- Problem: Every line holding "OpaConfig" should be copied from the records below.

───── Information

-- ===== src/Opa/Tokens.antt =====
-- The handler that evaluates a policy for the claims of two tokens.
use Prim.Native.String
use authpilot.Common.{
  ℕ, String, Bool, false, not, ◌&&◌, ◌||◌, Option, none, some, List, [], ◌∷◌, ◌==◌, if◌then◌else◌,
}
use authpilot.Common.Case.{cut}
use authpilot.Common.GoMap.{GoMap, lookup}
use authpilot.Domain.{Value, obj}
use authpilot.Domain.Json.{fields_of, sprint}
use authpilot.Opa.{
  OpaConfig, TenantBudget, budget_for, EvalOptions, Evaluation, result, failed, error_text, Rego,
  eval, query_or_default,
}
use authpilot.Opa.Input.{build_input}
use authpilot.Opa.Requests.{
  TimeoutOverride, apply_timeout_override, OpaAnswer, answered, opa_error, decision_of, is_over,
  limit_text,
}

pub record TokenPipelineRequest : Type 0 where
  pub policy : String
  pub policy_name : String
  pub data_map : GoMap Value
  pub furnace_token : String
  pub provider_token : String
  pub action : String
  pub resource : String
  pub context : GoMap Value
  pub query : String
  pub timeouts : Option TimeoutOverride

pub record ClaimDiff : Type 0 where
  pub path : String
  pub furnace_value : Value
  pub provider_value : Value

pub record TokenPipelineResult : Type 0 where
  pub allow : Bool
  pub decision : String
  pub claims_used : GoMap Value
  pub error : String

pub record TokenPipelineResponse : Type 0 where
  pub furnace_result : Option TokenPipelineResult
  pub provider_result : Option TokenPipelineResult
  pub decision_matches : Bool
  pub claim_differences : List ClaimDiff
  pub query : String
  pub evaluation_timestamp : ℕ

-- claims, or the text of an error
pub data Parsed : Type 0 where
  claims_of : GoMap Value → Parsed
  unparsed : String → Parsed

-- the part between the dots, of a text with two
unfoldable pub payload_part : String → Option String
payload_part token = elim (cut b'.' token) [
  | none ↦ none
  | some (header, rest) ↦ elim (cut b'.' rest) [
    | none ↦ none
    | some (payload, signature) ↦ elim (cut b'.' signature) [
      | none ↦ some payload
      | some more ↦ none
    ]
  ]
]

-- `ParseJWTClaims`; `decode` is the base64 of addresses, and `unmarshal` reads an object, or either has the
-- text of its error
unfoldable pub parse_jwt_claims :
    (decode : String → Option String)
    → (unmarshal : String → Option (GoMap Value)) → String
    → Parsed
unfolding payload_part
parse_jwt_claims decode unmarshal token = elim (payload_part token) [
  | none ↦ unparsed "not a compact JWT"
  | some payload ↦ elim (decode payload) [
    | none ↦ unparsed "decode payload"
    | some text ↦ elim (unmarshal text) [
      | none ↦ unparsed "unmarshal claims"
      | some claims ↦ claims_of claims
    ]
  ]
]

-- the claims that both tokens have, with different values
unfoldable pub diff_claims : GoMap Value → GoMap Value → List ClaimDiff
diff_claims [] b = []
diff_claims ((k, av) ∷ a) b =
    let rest = diff_claims a b in
    elim (lookup k b) [
      | none ↦ rest
      | some bv ↦
          if not (sprint av == sprint bv)
          then (record { path = k; furnace_value = av; provider_value = bv }) ∷ rest
          else rest
    ]

abbrev failed_token : String → TokenPipelineResult
failed_token text = record { allow = false; decision = "error"; claims_used = []; error = text }

abbrev token_result : GoMap Value → Evaluation → TokenPipelineResult
token_result claims (failed e) = failed_token (error_text e)
token_result claims (result r) = record {
  allow = r.allow;
  decision = decision_of r;
  claims_used = claims;
  error = "";
}

abbrev same : Bool → Bool → Bool
same a b = (a && b) || (not a && not b)

-- what the response says of two results
abbrev matched :
    Option TokenPipelineResult
    → Option TokenPipelineResult
    → TokenPipelineResponse
    → TokenPipelineResponse
matched (some f) (some p) resp = record resp {
  decision_matches = same f.allow p.allow;
  claim_differences = diff_claims f.claims_used p.claims_used;
}
matched _ _ resp = resp

module _ (cfg : OpaConfig) (rego : Rego) (parse : String → Parsed) where
  -- `evalToken`
  unfoldable pub eval_token : TenantBudget → TokenPipelineRequest → String → TokenPipelineResult
  eval_token budget req token = elim (parse token) [
    | unparsed text ↦ failed_token (String.◌++◌ "invalid JWT: " text)
    | claims_of claims ↦
        let user : GoMap Value = ("claims", obj (fields_of claims)) ∷ [] in
        let opts : EvalOptions = record {
          policy_text = req.policy;
          data_map = req.data_map;
          input =
              build_input (("user", obj (fields_of user)) ∷ []) req.action req.resource req.context;
          query = query_or_default req.query;
          with_trace = false;
          compile_timeout = 0;
          eval_timeout = 0;
        } in
        token_result claims (eval cfg rego (apply_timeout_override opts req.timeouts budget))
  ]

  abbrev if_given : TenantBudget → TokenPipelineRequest → String → Option TokenPipelineResult
  if_given budget req token = if token == "" then none else some (eval_token budget req token)

  unfoldable pub token_pipeline :
      ℕ → String → TokenPipelineRequest → OpaAnswer TokenPipelineResponse
  unfolding eval_token diff_claims
  token_pipeline now tenant_id req =
      let budget = budget_for cfg tenant_id in
      if req.policy == ""
      then opa_error 400 "validation_error" "supply 'policy' field"
      else if (req.furnace_token == "") && (req.provider_token == "")
      then opa_error 400 "validation_error"
          "supply at least one of 'furnace_token' or 'provider_token'"
      else if is_over budget.max_policy_bytes (String.len req.policy)
      then opa_error 413 "payload_too_large"
          (limit_text "policy exceeds limit of " budget.max_policy_bytes " bytes")
      else let furnace = if_given budget req req.furnace_token in
        let provider = if_given budget req req.provider_token in
        answered 200 (
          matched furnace provider (record {
            furnace_result = furnace;
            provider_result = provider;
            decision_matches = false;
            claim_differences = [];
            query = query_or_default req.query;
            evaluation_timestamp = now;
          }))
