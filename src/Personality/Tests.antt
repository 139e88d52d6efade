-- ===== src/Personality/Tests.antt =====
-- The theorem about claims, at the claims of a token for Azure AD.
use authpilot.Common.{refl, inl, inr, [], ◌∷◌, ==-false→ne}
use authpilot.Common.GoMap.{GoMap, lookup}
use authpilot.Domain.{Value, str}
use authpilot.Personality.{rename, azure_ad}
use authpilot.Personality.Claims.{IsSole}

abbrev claims : GoMap Value
claims = ("sub", str "u1") ∷ ("email", str "ada@example.com") ∷ []

email_alone : IsSole azure_ad "email" claims
unfolding rename lookup
email_alone = (inr (==-false→ne "sub" "preferred_username" refl), (inl refl, tt))
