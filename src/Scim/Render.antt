-- ===== src/Scim/Render.antt =====
-- How users and groups are shown as SCIM resources: `userToSCIM` and `groupToSCIM`.
use authpilot.Common.{ℕ, String, ◌/◌, true, List, [], ◌∷◌, ◌==◌, if◌then◌else◌, contains}
use Prim.Native.String
use authpilot.Domain.{User, Group}
use authpilot.Scim.{ScimUser, ScimGroup, ScimAttr, ScimRef, schema_user, schema_group}

-- `t.UTC().Format(time.RFC3339)` shows whole seconds
abbrev whole_seconds : ℕ → ℕ
whole_seconds t = t / 1000000000

abbrev work : String → ScimAttr
work value = record { value = value; primary = true; type = "work" }

-- the references to the groups that list the user
unfoldable pub group_refs : String → List Group → List ScimRef
group_refs id [] = []
group_refs id (g ∷ groups) =
    let rest = group_refs id groups in
    if contains g.member_ids id
    then (record { value = g.id; display = g.display_name; ref = String.◌++◌ "../Groups/" g.id })
      ∷ rest
    else rest

unfoldable pub user_to_scim : User → List Group → ScimUser
unfolding group_refs
user_to_scim u groups = record {
  schemas = schema_user ∷ [];
  id = u.id;
  external_id = "";
  user_name = u.email;
  display_name = u.display_name;
  active = u.active;
  emails = work u.email ∷ [];
  phone_nums = if u.phone_number == "" then [] else work u.phone_number ∷ [];
  groups = group_refs u.id groups;
  meta = record {
    resource_type = "User";
    created = whole_seconds u.created_at;
    last_modified = whole_seconds u.created_at;
    location = String.◌++◌ "/scim/v2/Users/" u.id;
  };
}

-- the references to the users among the members
unfoldable pub member_refs : List String → List User → List ScimRef
member_refs member_ids [] = []
member_refs member_ids (u ∷ users) =
    let rest = member_refs member_ids users in
    if contains member_ids u.id
    then (record { value = u.id; display = u.display_name; ref = String.◌++◌ "../Users/" u.id })
      ∷ rest
    else rest

unfoldable pub group_to_scim : Group → List User → ScimGroup
unfolding member_refs
group_to_scim g users = record {
  schemas = schema_group ∷ [];
  id = g.id;
  display_name = g.display_name;
  members = member_refs g.member_ids users;
  meta = record {
    resource_type = "Group";
    created = whole_seconds g.created_at;
    last_modified = whole_seconds g.created_at;
    location = String.◌++◌ "/scim/v2/Groups/" g.id;
  };
}
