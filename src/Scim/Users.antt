-- ===== src/Scim/Users.antt =====
-- The handlers of SCIM users, over any store of users.
use authpilot.Common.{
  ℕ, String, Bool, true, Option, none, some, List, [], ◌∷◌, ◌==◌, if◌then◌else◌, any,
}
use authpilot.Common.Decimal.{decimal}
use Prim.Native.String
use authpilot.Domain.{User, zero_user, Group}
use authpilot.Store.{Result, ok, err, CrudStore, message, value_or}
use authpilot.Scim.{
  ScimUser, ListResponse, PatchItem, UserInput, Answer, resource, refused, no_content,
  list_response, primary_value, matches_filter,
}
use authpilot.Scim.Render.{user_to_scim}
use authpilot.Scim.Patch.{patch_user}

-- `newUserID`
unfoldable pub new_user_id : ℕ → String
new_user_id now = String.◌++◌ "usr_" (decimal now)

-- the users that pass the filter
unfoldable pub matching : String → List Group → List User → List ScimUser
matching filter groups [] = []
matching filter groups (u ∷ users) =
    let rest = matching filter groups users in
    let shown = user_to_scim u groups in if matches_filter shown filter then shown ∷ rest else rest

abbrev or_else : String → String → String
or_else s other = if s == "" then other else s

abbrev given {ℓ} : {A : Type ℓ} → Option A → A → A
given none default = default
given (some a) default = a

abbrev pub not_found_user : Answer ScimUser
not_found_user = refused 404 "user not found" ""

abbrev pub invalid : {A : Type 0} → Answer A
invalid = refused 400 "invalid JSON body" "invalidValue"

-- the user that `createUserHandler` makes of the input, whose ID and time are read off the clock
unfoldable pub new_user : ℕ → ℕ → UserInput → User
new_user id_now now input = record zero_user {
  id = new_user_id id_now;
  email = or_else (primary_value input.emails) input.user_name;
  display_name = input.display_name;
  phone_number = primary_value input.phone_nums;
  active = given input.active true;
  created_at = now;
}

-- the changes of `replaceUserHandler`
unfoldable pub replaced_user : User → UserInput → User
replaced_user existing input = record existing {
  email = or_else (or_else (primary_value input.emails) input.user_name) existing.email;
  display_name = input.display_name;
  phone_number = primary_value input.phone_nums;
  active = given input.active existing.active;
}

-- the answer to the result of an update
abbrev pub updated_answer : {S A B : Type 0} → (A → B) → S × Result A → S × Answer B
updated_answer show (s, ok a) = (s, resource 200 (show a))
updated_answer show (s, err e) = (s, refused 500 (message e) "")

abbrev pub created_answer : {S A B : Type 0} → (A → B) → S × Result A → S × Answer B
created_answer show (s, ok a) = (s, resource 201 (show a))
created_answer show (s, err e) = (s, refused 409 (message e) "uniqueness")

abbrev pub deleted_answer : {S B E : Type 0} → String → S × Option E → S × Answer B
deleted_answer detail (s, none) = (s, no_content)
deleted_answer detail (s, some e) = (s, refused 404 detail "")

-- the groups, if there is a store of them
abbrev group_list : {G : Type 0} → Option (CrudStore G Group × G) → List Group
group_list none = []
group_list (some (groups, g)) = value_or [] (groups.list g)

module _ {S : Type 0} (users : CrudStore S User) where
  -- some stored user has the name as email address
  unfoldable pub name_taken : S → String → Bool
  name_taken s user_name = any (λ u. u.email == user_name) (value_or [] (users.list s))

  unfoldable pub list_users :
      {G : Type 0} → S → Option (CrudStore G Group × G) → String → Answer (ListResponse ScimUser)
  unfolding matching list_response
  list_users s groups filter = elim (users.list s) [
    | err e ↦ refused 500 (message e) ""
    | ok all ↦ resource 200 (list_response (matching filter (group_list groups) all))
  ]

  unfoldable pub create_user : S → ℕ → ℕ → Option UserInput → S × Answer ScimUser
  unfolding name_taken new_user
  create_user s id_now now none = (s, invalid)
  create_user s id_now now (some input) =
      if input.user_name == ""
      then (s, refused 400 "userName is required" "invalidValue")
      else if name_taken s input.user_name
      then (s, refused 409 "userName already in use" "uniqueness")
      else created_answer (λ u. user_to_scim u []) (users.create s (new_user id_now now input))

  unfoldable pub get_user : S → String → Answer ScimUser
  get_user s id = elim (users.get_by_id s id) [
    | err e ↦ not_found_user
    | ok u ↦ resource 200 (user_to_scim u [])
  ]

  unfoldable pub replace_user : S → String → Option UserInput → S × Answer ScimUser
  unfolding replaced_user
  replace_user s id body = elim (users.get_by_id s id) [
    | err e ↦ (s, not_found_user)
    | ok existing ↦ elim body [
      | none ↦ (s, invalid)
      | some input ↦
          updated_answer (λ u. user_to_scim u []) (users.update s (replaced_user existing input))
    ]
  ]

  unfoldable pub patch_user_handler : S → String → Option (List PatchItem) → S × Answer ScimUser
  patch_user_handler s id body = elim (users.get_by_id s id) [
    | err e ↦ (s, not_found_user)
    | ok u ↦ elim body [
      | none ↦ (s, invalid)
      | some operations ↦
          updated_answer (λ u. user_to_scim u []) (users.update s (patch_user u operations))
    ]
  ]

  unfoldable pub delete_user : S → String → S × Answer ScimUser
  delete_user s id = deleted_answer "user not found" (users.delete s id)
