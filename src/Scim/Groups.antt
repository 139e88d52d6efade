-- ===== src/Scim/Groups.antt =====
-- The handlers of SCIM groups, over any stores of groups and users.
use authpilot.Common.{ℕ, String, Option, none, some, List, [], ◌==◌, if◌then◌else◌, map}
use authpilot.Common.Decimal.{decimal}
use authpilot.Common.Case.{to_lower, dashed}
use Prim.Native.String
use authpilot.Domain.{User, Group}
use authpilot.Store.{ok, err, CrudStore, message, value_or}
use authpilot.Scim.{
  ScimGroup, ListResponse, PatchItem, GroupInput, Answer, resource, refused, list_response,
}
use authpilot.Scim.Render.{group_to_scim}
use authpilot.Scim.GroupPatch.{patch_group, renamed}
use authpilot.Scim.Users.{updated_answer, created_answer, deleted_answer, invalid}

-- `newGroupID`
unfoldable pub new_group_id : ℕ → String
new_group_id now = String.◌++◌ "grp_" (decimal now)

-- the group that `createGroupHandler` makes of the input
unfoldable pub new_group : ℕ → ℕ → GroupInput → Group
new_group id_now now input = record {
  id = new_group_id id_now;
  name = to_lower (dashed input.display_name);
  display_name = input.display_name;
  member_ids = map (λ m. m.value) input.members;
  created_at = now;
}

-- the changes of `replaceGroupHandler`
unfoldable pub replaced_group : Group → GroupInput → Group
replaced_group existing input =
    let named =
      if input.display_name == "" then existing else renamed existing input.display_name in
    record named { member_ids = map (λ m. m.value) input.members }

abbrev pub not_found_group : Answer ScimGroup
not_found_group = refused 404 "group not found" ""

module _ {G S : Type 0} (groups : CrudStore G Group) (users : CrudStore S User) where
  -- `userList, _ := users.List()`
  abbrev user_list : S → List User
  user_list s = value_or [] (users.list s)

  unfoldable pub list_groups : G → S → Answer (ListResponse ScimGroup)
  unfolding list_response
  list_groups g s = elim (groups.list g) [
    | err e ↦ refused 500 (message e) ""
    | ok all ↦ resource 200 (list_response (map (λ x. group_to_scim x (user_list s)) all))
  ]

  unfoldable pub create_group : G → ℕ → ℕ → Option GroupInput → G × Answer ScimGroup
  unfolding new_group
  create_group g id_now now none = (g, invalid)
  create_group g id_now now (some input) =
      if input.display_name == ""
      then (g, refused 400 "displayName is required" "invalidValue")
      else created_answer (λ x. group_to_scim x []) (groups.create g (new_group id_now now input))

  unfoldable pub get_group : G → S → String → Answer ScimGroup
  get_group g s id = elim (groups.get_by_id g id) [
    | err e ↦ not_found_group
    | ok group ↦ resource 200 (group_to_scim group (user_list s))
  ]

  unfoldable pub replace_group : G → S → String → Option GroupInput → G × Answer ScimGroup
  unfolding replaced_group
  replace_group g s id body = elim (groups.get_by_id g id) [
    | err e ↦ (g, not_found_group)
    | ok existing ↦ elim body [
      | none ↦ (g, invalid)
      | some input ↦
          updated_answer (λ x. group_to_scim x (user_list s))
            (groups.update g (replaced_group existing input))
    ]
  ]

  unfoldable pub patch_group_handler :
      G → S → String → Option (List PatchItem) → G × Answer ScimGroup
  patch_group_handler g s id body = elim (groups.get_by_id g id) [
    | err e ↦ (g, not_found_group)
    | ok group ↦ elim body [
      | none ↦ (g, invalid)
      | some operations ↦
          updated_answer (λ x. group_to_scim x (user_list s))
            (groups.update g (patch_group group operations))
    ]
  ]

  unfoldable pub delete_group : G → String → G × Answer ScimGroup
  delete_group g id = deleted_answer "group not found" (groups.delete g id)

──────────

- Exercise solution:
  OpaConfig, TenantBudget, budget_for, EvalOptions, Evaluation, result, failed, error_text, Rego,
module _ (cfg : OpaConfig) (rego : Rego) (parse : String → Parsed) where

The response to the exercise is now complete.